Screen Shot 2013-05-30 at 3.05.38 PM6. Do you do content strategy mostly for content marketing or multichannel publishing (documentation)?

Content marketing 15.5%

Multichannel publishing 47.4%

Both 37.1%

 

Screen Shot 2013-05-31 at 12.26.58 PM7. Does your company have a unified content strategy the spans both content marketing and multichannel publishing?

Yes 19.8%

No 80.2%

 

8. How did you learn to do content strategy? That is, how did you learn what you need to know to work as a professional content strategist?

Screen Shot 2013-05-30 at 3.06.19 PM

Tabulation Summary: (totals more than 100 due to multiple answers per respondent)

On-the-job experience/trial and error 50%

Books/websites/self taught 41%

Attend conferences/webinars 30%

College/other coursework 5%

Meeting/MeetUps/networking 4%

Hired someone/outsourced 4%

 

9. Anything else you’d care to say or ask?

Here are a few of the comments respondents added:

“Content Strategy is a superset of technical communication. While a technical communicator is focused on delivery, the content strategist is more focused on business case and strategy.”

“I was at a marketing and communications agency that was pivoting to become a customer experience consulting firm and they wanted me to be a consultant, which I didn’t want to do. I looked around and based on my understanding of the industry, told them they wanted a CS. I wrote my job description and the process for working with the consultants. They adopted it and that was six years ago now.”

“It’s about the strategy, not the CMS.”

“Most organizations don’t understand the full potential of content strategy and as a result the opportunities are weighed down by lack of resources. While some results can be easily quantified, others cannot without more resources, wherein that becomes the justification for not investing in the right tools and right people.”

“The over-arching impact of a unified content strategy seems to be hitting home for more and more companies. Strategists are learning to prove their knowledge, impact, and usefulness by speaking in a business-oriented language, and executives are listening.”

The fact that 96% of the respondents doing content strategy reported they taught themselves the skill via books, attending conferences, and trial and error is yet another example of a drum I’ve been beating in Intercom since 2005:

  • You not only choose the path you walk in your career, you create the path you walk.
  • Want to increase your standard of living? Leverage your core competencies and create a new path!

Summary

Out of the 104 people who responded to the survey, the vast majority were self-taught through reading books, going to conferences, and/or on-the-job trial and error.

One respondent, however, added these words of advice: “Stop reading and start doing. There are countless books and articles to read on how to do content strategy; however, learning comes from doing.”

Another respondent echoed my observation that content strategy means different things to different people: “There are no universal definitions of what a content strategist is. It’s evolving, albeit slowly. I am struck by how it encompasses many slices from many different disciplines, at least at its best: it takes story telling, data organization, operations, marketing, analysis, research, and on and on.”
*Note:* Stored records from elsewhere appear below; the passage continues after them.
-- ===== src/Chat/Round.antt =====
-- A round of the chat server's loop: what judging decides, and that the round keeps the invariant of
-- Chat/Invariant.antt without a fault.
use native.Mathlib.Decide.{dec_lt}
use ntu_sp17fall.Base.{
  ℕ, zero, suc, ◌+◌, ◌≤◌, ◌<◌, ◌≡◌, ◌≢◌, refl, true, false, not, ◌||◌, List, [], ◌∷◌, ◌++◌, Option,
  none, some, arith, length, get_elem?, Bool-cases, Option-cases, inl, inr,
}
use ntu_sp17fall.Chat.{match, Server, Process, Client, send, init, no_solution}
use ntu_sp17fall.Chat.Pool.{init_process}
use ntu_sp17fall.Chat.Leave.{erase_at}
use ntu_sp17fall.Chat.Judge.{start_chat, any_work, conclude, judge_answer}
use ntu_sp17fall.Chat.Tick.{fill, first_waiting, next_search, Successor, refork, assign_round, tick}
use ntu_sp17fall.Chat.Invariant.{AllPlaced, Inv, assign_all-keeps, get_elem?-some}

pub erase_at-some :
    (xs : List ℕ) (i : ℕ)
    → i < length xs
    → (ys : List ℕ) × (erase_at i xs ≡ some ys) × (length ys + 1 ≡ length xs)
unfolding erase_at
erase_at-some [] i h = absurd (omega arith)
erase_at-some (x ∷ xs) zero h = (xs, refl, omega arith)
erase_at-some (x ∷ xs) (suc i) h =
    let (ys, run, len) = erase_at-some xs i (omega arith) in (x ∷ ys, rw run, omega arith)

resting-AllPlaced :
    (n : ℕ) (ps : List Process) → any_work ps ≡ false → AllPlaced n ps → AllPlaced 0 ps
unfolding any_work
resting-AllPlaced n [] h q = tt
resting-AllPlaced n (p ∷ ps) h (q, qs) = (
  record { calm = q.calm; given = λ w v. absurd (ground arith) },
  resting-AllPlaced n ps (ground arith) qs,
)

-- The search is over: it was started, all its jobs are given out, and no process is at work.
pub record Finished (s : Server) : Type 0 where
  pub started : s.mama.has_job ≡ true
  pub given_out : s.mama.need_to_assign_job ≡ false
  pub resting : any_work s.process_pool ≡ false

-- What `client` has after it was matched with `other`.
pub record InChat (before after : ℕ → Client) (client other : ℕ) : Type 0 where
  pub status : (after client).status ≡ match
  pub friend_fd : (after client).friend_fd ≡ other
  pub friends : (after client).friends ≡ (before other).me

get_elem?-lt : (xs : List ℕ) (i x : ℕ) → get_elem? xs i ≡ some x → i < length xs
get_elem?-lt [] i x h = cc
get_elem?-lt (y ∷ xs) zero x h = omega arith
get_elem?-lt (y ∷ xs) (suc i) x h = omega (arith, get_elem?-lt xs i x h)

-- The server after the match, where `ys` is the waiting list without the client found.
abbrev matched : Server → ℕ → ℕ → List ℕ → Server
matched s client1 client2 ys = record (start_chat (start_chat s client1 client2) client2 client1) {
  waiting_list = ys;
  mama = init s.mama;
}

judge_answer-eq :
    (s : Server) (client1 client2 : ℕ) (ys : List ℕ)
    → Finished s
    → s.mama.working_on_fd ≡ some client1
    → s.mama.solution < no_solution
    → get_elem? s.waiting_list s.mama.solution ≡ some client2
    → erase_at s.mama.solution s.waiting_list ≡ some ys
    → judge_answer s ≡ some (matched s client1 client2 ys)
unfolding judge_answer conclude
judge_answer-eq s client1 client2 ys f w small g e = ground arith

-- A finished search whose `solution` is the place of a waiting client matches that client with the
-- searching one, both ways: each is sent the package of the other, no other client changes, the waiting
-- list loses that place, and the boss is reset.
pub judge_answer-match :
    (s : Server) (client1 client2 : ℕ)
    → Finished s
    → s.mama.working_on_fd ≡ some client1
    → s.mama.solution < no_solution
    → get_elem? s.waiting_list s.mama.solution ≡ some client2
    → client1 ≢ client2
    → (t : Server) × (judge_answer s ≡ some t)
      × InChat s.clients t.clients client1 client2
      × InChat s.clients t.clients client2 client1
      × ((fd : ℕ) → fd ≢ client1 → fd ≢ client2 → t.clients fd ≡ s.clients fd)
      × (erase_at s.mama.solution s.waiting_list ≡ some t.waiting_list)
      × (t.mama ≡ init s.mama)
      × (t.sent
          ≡ (s.sent
              ++ send (s.clients client1).my_fd ((s.clients client2).json_package ++ 10 ∷ []) ∷ [])
            ++ send (s.clients client2).my_fd ((s.clients client1).json_package ++ 10 ∷ []) ∷ [])
unfolding start_chat
judge_answer-match s client1 client2 f w small g d =
    let lt = get_elem?-lt s.waiting_list s.mama.solution client2 g in
    let (ys, e, len) = erase_at-some s.waiting_list s.mama.solution lt in
    (
      matched s client1 client2 ys,
      judge_answer-eq s client1 client2 ys f w small g e,
      record { status = ground arith; friend_fd = ground arith; friends = ground arith },
      record { status = ground arith; friend_fd = ground arith; friends = ground arith },
      λ fd n m. ground arith,
      e,
      refl,
      ground arith,
    )

-- Without a positive answer the searching client is the last to wait, and no client is told anything.
pub judge_answer-fail :
    (s : Server) (client1 : ℕ)
    → Finished s
    → s.mama.working_on_fd ≡ some client1
    → no_solution ≤ s.mama.solution
    → judge_answer s
      ≡ some (record s { waiting_list = s.waiting_list ++ client1 ∷ []; mama = init s.mama })
unfolding judge_answer conclude
judge_answer-fail s client1 f w none_found = ground arith

record Judged (s : Server) : Type 0 where
  result : Server
  run : judge_answer s ≡ some result
  inv : Inv result

judge_answer-Inv : (s : Server) → Inv s → Judged s
judge_answer-Inv s v =
    elim (Bool-cases (not s.mama.has_job || s.mama.need_to_assign_job || any_work s.process_pool)) [
      | inl e ↦ record { result = s; run = unfold judge_answer in ground arith; inv = v }
      | inr e ↦
          let f : Finished s = ground arith in
          let rest = resting-AllPlaced s.mama.assign_next_index s.process_pool f.resting v.pool in
          elim (Option-cases s.mama.working_on_fd) [
            | inl gone ↦ record {
              result = record s { mama = init s.mama };
              run = unfold judge_answer in ground arith;
              inv = unfold init in record { boss = ground arith; pool = rest };
            }
            | inr (client1, w) ↦ elim (dec_lt s.mama.solution no_solution) [
              | no n ↦ record {
                result = record s {
                  waiting_list = s.waiting_list ++ client1 ∷ [];
                  mama = init s.mama;
                };
                run = judge_answer-fail s client1 f w (omega arith);
                inv = unfold init in record { boss = ground arith; pool = rest };
              }
              | yes p ↦
                  let lt : s.mama.solution < length s.waiting_list = ground (arith, v.boss) in
                  let (client2, g) = get_elem?-some s.waiting_list s.mama.solution lt in
                  let (ys, er, len) = erase_at-some s.waiting_list s.mama.solution lt in
                  record {
                    result = matched s client1 client2 ys;
                    run = judge_answer-eq s client1 client2 ys f w p g er;
                    inv = unfold init start_chat in record { boss = ground arith; pool = rest };
                  }
            ]
          ]
    ]

length-fill : (waiting tries : List ℕ) → length waiting ≤ length (fill waiting tries).0
unfolding fill
length-fill [] [] = omega arith
length-fill [] (fd ∷ rest) = omega arith
length-fill (x ∷ xs) tries = omega arith

first_waiting-Inv : (s : Server) → Inv s → Inv (first_waiting s)
first_waiting-Inv s v =
    let longer = length-fill s.waiting_list s.try_list in
    unfold first_waiting in record { boss = unfold fill in ground (arith, longer); pool = v.pool }

refork-AllPlaced :
    (n : ℕ) (ds : List (Option Successor)) (ps : List Process)
    → AllPlaced n ps
    → AllPlaced n (refork ds ps)
unfolding refork init_process
refork-AllPlaced n [] ps q = q
refork-AllPlaced n (d ∷ ds) [] q = tt
refork-AllPlaced n (none ∷ ds) (p ∷ ps) (q, qs) = (q, refork-AllPlaced n ds ps qs)
refork-AllPlaced n (some c ∷ ds) (p ∷ ps) (q, qs) = (ground arith, refork-AllPlaced n ds ps qs)

next_search-Inv : (s : Server) → Inv s → Inv (next_search s)
unfolding next_search
next_search-Inv s v = record {
  boss = ground arith;
  pool =
      let e : (next_search s).mama.assign_next_index ≡ s.mama.assign_next_index = ground arith in
      let f : (next_search s).process_pool ≡ s.process_pool = ground arith in rw (e, f) v.pool;
}

assign_round-Inv : (s : Server) → Inv s → (t : Server) × (assign_round s ≡ some t) × Inv t
unfolding assign_round
assign_round-Inv s v =
    let (r, run, a) =
      assign_all-keeps s.clients s.waiting_list s.mama s.process_pool v.boss v.pool in
    (
      record s { mama = r.0; process_pool = r.1; sent = s.sent ++ r.2 },
      rw (run, assign_round),
      record { boss = a.boss; pool = a.placed },
    )

tick-eq :
    (deaths : List (Option Successor)) (s j t : Server)
    → judge_answer s ≡ some j
    → assign_round (
        next_search (record (first_waiting j) {
          process_pool = refork deaths (first_waiting j).process_pool;
        }))
      ≡ some t
    → tick deaths s ≡ some t
unfolding tick
tick-eq deaths s j t e f = rw (e, tick) f

-- From a state with the invariant the work behind `select` never faults, whichever processes died, and
-- keeps the invariant.
pub tick-Inv :
    (deaths : List (Option Successor)) (s : Server)
    → Inv s
    → (t : Server) × (tick deaths s ≡ some t) × Inv t
tick-Inv deaths s v =
    let j = judge_answer-Inv s v in
    let filled = first_waiting-Inv j.result j.inv in
    let s₃ = record (first_waiting j.result) {
      process_pool = refork deaths (first_waiting j.result).process_pool;
    } in
    let alive : Inv s₃ = record {
      boss = filled.boss;
      pool =
          refork-AllPlaced s₃.mama.assign_next_index deaths (first_waiting j.result).process_pool
            filled.pool;
    } in
    let (t, run, inv) = assign_round-Inv (next_search s₃) (next_search-Inv s₃ alive) in
    (t, tick-eq deaths s j.result t j.run run, inv)
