-- ===== src/Hash.antt =====
-- MP5/src/hash.c and include/hash.h: the chained hash table under the directory table of the client
-- and the port table. MP2/src/hash.c is the same file without the search by path and the iterator.
-- A chain of `hash_node`s is a list, and `NULL` is the empty list. `none` is a fault: a remainder by
-- zero or an access outside the array, where the C code has no defined behaviour.
-- The argument `alloc` says whether `malloc` gave memory.
pub mod Bucket
pub mod Laws
pub mod Iterator
pub mod ByPath
use ntu_sp17fall.Base.{
  ℕ, zero, suc, ◌-◌, ◌%◌, Bool, true, false, List, [], ◌∷◌, ◌++◌, Option, none, some, ℤ, pos,
  negsuc, int_eq, get_elem?, set, replicate, if◌then◌else◌, ◌==◌,
}

pub record HashNode {ℓ} (A : Type ℓ) : Type ℓ where
  pub contain : A
  pub hash_code : ℤ

abbrev pub Chain {ℓ} : Type ℓ → Type ℓ
Chain A = List (HashNode A)

-- `node` is `none` for the null pointer; otherwise it is the array, and `n` is its stated length.
pub record Hash {ℓ} (A : Type ℓ) : Type ℓ where
  pub node : Option (List (Chain A))
  pub n : ℕ

-- `pos = hash_code % n; if (pos < 0) pos = n + pos;` for a remainder that takes the sign of the code.
unfoldable pub slot : ℕ → ℤ → ℕ
slot n (pos k) = k % n
slot n (negsuc k) = let r = suc k % n in if r == 0 then 0 else n - r

abbrev pub empty_hash {ℓ} : {A : Type ℓ} → Hash A
empty_hash = record { node = none; n = 0 }

-- What `free` is called on.
pub data Freed {ℓ} (A : Type ℓ) : Type ℓ where
  node : HashNode A → Freed A
  content : A → Freed A

module _ {ℓ} {A : Type ℓ} where
  -- The node array, with a fault for the null pointer.
  unfoldable pub buckets : Hash A → List (Chain A)
  buckets h = elim h.node [ none ↦ [] | some bs ↦ bs ]

  unfoldable pub init_with : Bool → Hash A → ℕ → Bool × Hash A
  init_with alloc h zero = (false, h)
  init_with alloc h (suc k) = elim h.node [
    | some bs ↦ (false, h)
    | none ↦
        if alloc
        then (true, record { node = some (replicate (suc k) []); n = suc k })
        else (false, h)
  ]

  unfoldable pub init_hash : Bool → Hash A → ℤ → Bool × Hash A
  unfolding init_with
  init_hash alloc h (pos k) = init_with alloc h k
  init_hash alloc h (negsuc k) = (false, h)

  -- The bucket of a code: its index and its chain.
  unfoldable pub locate : Hash A → ℤ → Option (ℕ × Chain A)
  locate h code = if h.n == 0 then none else elim (get_elem? (buckets h) (slot h.n code)) [
    | none ↦ none
    | some c ↦ some (slot h.n code, c)
  ]

  -- `h->node[pos] = c`
  unfoldable pub store : Hash A → ℕ → Chain A → Hash A
  store h i c = record h { node = some (set (buckets h) i c) }

  -- The walk of `put_into_hash` to the end of the chain.
  unfoldable pub chain_put : Bool → HashNode A → Chain A → Bool × Chain A
  chain_put alloc new [] = if alloc then (true, new ∷ []) else (false, [])
  chain_put alloc new (x ∷ c) =
      let rest = chain_put alloc new c in
      if int_eq x.hash_code new.hash_code then (false, x ∷ c) else (rest.0, x ∷ rest.1)

  unfoldable pub put_into_hash : Bool → Hash A → A → ℤ → Option (Bool × Hash A)
  put_into_hash alloc h contain code = elim (locate h code) [
    | none ↦ none
    | some (i, c) ↦
        let done = chain_put alloc (record { contain = contain; hash_code = code }) c in
        some (done.0, if done.0 then store h i done.1 else h)
  ]

  unfoldable pub chain_get : ℤ → Chain A → Option A
  chain_get code [] = none
  chain_get code (x ∷ c) = if int_eq x.hash_code code then some x.contain else chain_get code c

  -- The pointer that the caller gets, `none` for the result 0.
  unfoldable pub get_from_hash : Hash A → ℤ → Option (Option A)
  get_from_hash h code = elim (locate h code) [
    | none ↦ none
    | some (i, c) ↦ some (chain_get code c)
  ]

  -- The deletion behind a node `pre`: `pre->next = n->next`.
  unfoldable pub unlink_after : ℤ → Chain A → Option (A × Chain A)
  unlink_after code [] = none
  unlink_after code (x ∷ c) =
      let rest = unlink_after code c in
      if int_eq x.hash_code code
      then some (x.contain, c)
      else elim rest [ none ↦ none | some (a, c') ↦ some (a, x ∷ c') ]

  -- At the head of the chain, where `pre` is null, the code writes `h->node[pos] = NULL`.
  unfoldable pub chain_del : ℤ → Chain A → Option (A × Chain A)
  unfolding unlink_after
  chain_del code [] = none
  chain_del code (x ∷ c) =
      if int_eq x.hash_code code
      then some (x.contain, [])
      else elim (unlink_after code c) [ none ↦ none | some (a, c') ↦ some (a, x ∷ c') ]

  unfoldable pub del_from_hash : Hash A → ℤ → Option (Option A × Hash A)
  del_from_hash h code = elim (locate h code) [
    | none ↦ none
    | some (i, c) ↦ elim (chain_del code c) [
      | none ↦ some (none, h)
      | some (a, c') ↦ some (some a, store h i c')
    ]
  ]

  unfoldable pub free_chain : Bool → Chain A → List (Freed A)
  free_chain deep [] = []
  free_chain deep (x ∷ c) =
      if deep then content x.contain ∷ node x ∷ free_chain deep c else node x ∷ free_chain deep c

  unfoldable pub free_buckets : Bool → List (Chain A) → List (Freed A)
  unfolding free_chain
  free_buckets deep [] = []
  free_buckets deep (c ∷ cs) = free_chain deep c ++ free_buckets deep cs

  unfoldable pub clean_hash : Hash A → List (Freed A) × Hash A
  unfolding free_buckets
  clean_hash h = (free_buckets false (buckets h), empty_hash)

  unfoldable pub destroy_hash : Hash A → List (Freed A) × Hash A
  unfolding free_buckets
  destroy_hash h = (free_buckets true (buckets h), empty_hash)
Finally, Amanda Cross from Crosswise Consulting offered this on what content strategy is and why companies need it:

“I’ve found that it makes sense to everyone in business, not just content creators. Redundancy and information silos are things that everyone has experience with. 

Every business has content: website content, technical documentation, solutions created by customer service, training materials, sales materials, the list goes on. But when so many different people are creating content for the same company, you naturally get overlaps, which means wasted time and money, and conflicts, which can send a confusing message to customers and damage your brand. 

Content strategy is about planning in advance who should be creating what kinds of content and using tools and processes to make sure you’re realizing efficiencies and getting the information to everyone who needs it.”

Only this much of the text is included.